• What you need to do
Give the data again in its entirety, exactly as provided.

• Source data
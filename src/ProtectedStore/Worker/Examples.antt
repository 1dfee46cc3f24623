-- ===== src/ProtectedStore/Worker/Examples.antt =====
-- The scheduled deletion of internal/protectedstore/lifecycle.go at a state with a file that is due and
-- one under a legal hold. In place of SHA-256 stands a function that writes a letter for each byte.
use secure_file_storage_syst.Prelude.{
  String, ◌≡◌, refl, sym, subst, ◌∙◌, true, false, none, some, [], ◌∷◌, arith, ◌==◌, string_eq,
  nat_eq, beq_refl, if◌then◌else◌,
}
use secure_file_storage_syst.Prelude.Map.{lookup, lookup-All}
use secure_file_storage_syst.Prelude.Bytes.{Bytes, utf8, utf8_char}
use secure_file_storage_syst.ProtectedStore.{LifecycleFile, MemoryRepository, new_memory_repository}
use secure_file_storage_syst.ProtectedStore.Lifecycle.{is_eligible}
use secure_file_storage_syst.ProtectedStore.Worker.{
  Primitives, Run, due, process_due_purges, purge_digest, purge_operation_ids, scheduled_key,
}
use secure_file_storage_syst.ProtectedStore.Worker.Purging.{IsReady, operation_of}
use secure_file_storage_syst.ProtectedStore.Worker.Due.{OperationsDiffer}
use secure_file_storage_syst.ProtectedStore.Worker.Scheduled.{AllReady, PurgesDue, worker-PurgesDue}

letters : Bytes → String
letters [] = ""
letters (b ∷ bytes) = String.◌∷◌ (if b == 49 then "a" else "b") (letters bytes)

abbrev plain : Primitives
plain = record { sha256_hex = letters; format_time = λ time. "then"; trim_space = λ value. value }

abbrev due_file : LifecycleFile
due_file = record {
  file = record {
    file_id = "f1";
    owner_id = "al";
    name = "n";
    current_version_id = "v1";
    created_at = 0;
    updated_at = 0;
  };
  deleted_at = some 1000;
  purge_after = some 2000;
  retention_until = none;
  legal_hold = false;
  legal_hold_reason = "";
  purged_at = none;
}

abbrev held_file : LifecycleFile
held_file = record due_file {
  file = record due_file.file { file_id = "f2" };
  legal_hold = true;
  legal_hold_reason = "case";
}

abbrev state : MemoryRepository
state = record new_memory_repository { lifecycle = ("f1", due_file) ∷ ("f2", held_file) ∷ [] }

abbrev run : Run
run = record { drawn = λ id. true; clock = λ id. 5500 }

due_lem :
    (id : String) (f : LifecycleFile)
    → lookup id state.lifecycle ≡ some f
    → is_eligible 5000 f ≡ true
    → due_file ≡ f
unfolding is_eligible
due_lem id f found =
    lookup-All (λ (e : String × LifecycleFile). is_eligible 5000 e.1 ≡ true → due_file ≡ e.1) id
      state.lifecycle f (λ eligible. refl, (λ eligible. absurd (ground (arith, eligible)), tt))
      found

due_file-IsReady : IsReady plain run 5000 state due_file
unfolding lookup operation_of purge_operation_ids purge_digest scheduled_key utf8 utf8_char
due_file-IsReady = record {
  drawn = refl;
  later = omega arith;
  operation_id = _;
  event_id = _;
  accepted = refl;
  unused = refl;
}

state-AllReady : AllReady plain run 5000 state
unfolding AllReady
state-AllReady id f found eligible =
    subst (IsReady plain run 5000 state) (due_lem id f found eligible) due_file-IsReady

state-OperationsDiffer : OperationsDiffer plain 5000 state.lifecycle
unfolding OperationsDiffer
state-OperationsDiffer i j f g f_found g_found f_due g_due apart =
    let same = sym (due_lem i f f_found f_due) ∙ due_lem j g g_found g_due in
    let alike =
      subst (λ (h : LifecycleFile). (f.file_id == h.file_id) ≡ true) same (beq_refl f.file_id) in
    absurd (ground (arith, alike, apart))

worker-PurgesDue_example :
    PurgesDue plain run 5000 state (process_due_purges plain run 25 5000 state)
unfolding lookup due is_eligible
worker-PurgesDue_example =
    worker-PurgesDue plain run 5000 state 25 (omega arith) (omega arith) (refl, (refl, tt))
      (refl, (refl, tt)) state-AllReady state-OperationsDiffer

• Exercise output
filename src/ProtectedStore/Worker/Examples.antt
repository 1dfee46cc3f24623
-- ===== src/ProtectedStore/Worker/Examples.antt =====
-- The scheduled deletion of internal/protectedstore/lifecycle.go at a state with a file that is due and
-- one under a legal hold. In place of SHA-256 stands a function that writes a letter for each byte.
use secure_file_storage_syst.Prelude.{
  String, ◌≡◌, refl, sym, subst, ◌∙◌, true, false, none, some, [], ◌∷◌, arith, ◌==◌, string_eq,
  nat_eq, beq_refl, if◌then◌else◌,
}
use secure_file_storage_syst.Prelude.Map.{lookup, lookup-All}
use secure_file_storage_syst.Prelude.Bytes.{Bytes, utf8, utf8_char}
use secure_file_storage_syst.ProtectedStore.{LifecycleFile, MemoryRepository, new_memory_repository}
use secure_file_storage_syst.ProtectedStore.Lifecycle.{is_eligible}
use secure_file_storage_syst.ProtectedStore.Worker.{
  Primitives, Run, due, process_due_purges, purge_digest, purge_operation_ids, scheduled_key,
}
use secure_file_storage_syst.ProtectedStore.Worker.Purging.{IsReady, operation_of}
use secure_file_storage_syst.ProtectedStore.Worker.Due.{OperationsDiffer}
use secure_file_storage_syst.ProtectedStore.Worker.Scheduled.{AllReady, PurgesDue, worker-PurgesDue}

letters : Bytes → String
letters [] = ""
letters (b ∷ bytes) = String.◌∷◌ (if b == 49 then "a" else "b") (letters bytes)

abbrev plain : Primitives
plain = record { sha256_hex = letters; format_time = λ time. "then"; trim_space = λ value. value }

abbrev due_file : LifecycleFile
due_file = record {
  file = record {
    file_id = "f1";
    owner_id = "al";
    name = "n";
    current_version_id = "v1";
    created_at = 0;
    updated_at = 0;
  };
  deleted_at = some 1000;
  purge_after = some 2000;
  retention_until = none;
  legal_hold = false;
  legal_hold_reason = "";
  purged_at = none;
}

abbrev held_file : LifecycleFile
held_file = record due_file {
  file = record due_file.file { file_id = "f2" };
  legal_hold = true;
  legal_hold_reason = "case";
}

abbrev state : MemoryRepository
state = record new_memory_repository { lifecycle = ("f1", due_file) ∷ ("f2", held_file) ∷ [] }

abbrev run : Run
run = record { drawn = λ id. true; clock = λ id. 5500 }

due_lem :
    (id : String) (f : LifecycleFile)
    → lookup id state.lifecycle ≡ some f
    → is_eligible 5000 f ≡ true
    → due_file ≡ f
unfolding is_eligible
due_lem id f found =
    lookup-All (λ (e : String × LifecycleFile). is_eligible 5000 e.1 ≡ true → due_file ≡ e.1) id
      state.lifecycle f (λ eligible. refl, (λ eligible. absurd (ground (arith, eligible)), tt))
      found

due_file-IsReady : IsReady plain run 5000 state due_file
unfolding lookup operation_of purge_operation_ids purge_digest scheduled_key utf8 utf8_char
due_file-IsReady = record {
  drawn = refl;
  later = omega arith;
  operation_id = _;
  event_id = _;
  accepted = refl;
  unused = refl;
}

state-AllReady : AllReady plain run 5000 state
unfolding AllReady
state-AllReady id f found eligible =
    subst (IsReady plain run 5000 state) (due_lem id f found eligible) due_file-IsReady

state-OperationsDiffer : OperationsDiffer plain 5000 state.lifecycle
unfolding OperationsDiffer
state-OperationsDiffer i j f g f_found g_found f_due g_due apart =
    let same = sym (due_lem i f f_found f_due) ∙ due_lem j g g_found g_due in
    let alike =
      subst (λ (h : LifecycleFile). (f.file_id == h.file_id) ≡ true) same (beq_refl f.file_id) in
    absurd (ground (arith, alike, apart))

worker-PurgesDue_example :
    PurgesDue plain run 5000 state (process_due_purges plain run 25 5000 state)
unfolding lookup due is_eligible
worker-PurgesDue_example =
    worker-PurgesDue plain run 5000 state 25 (omega arith) (omega arith) (refl, (refl, tt))
      (refl, (refl, tt)) state-AllReady state-OperationsDiffer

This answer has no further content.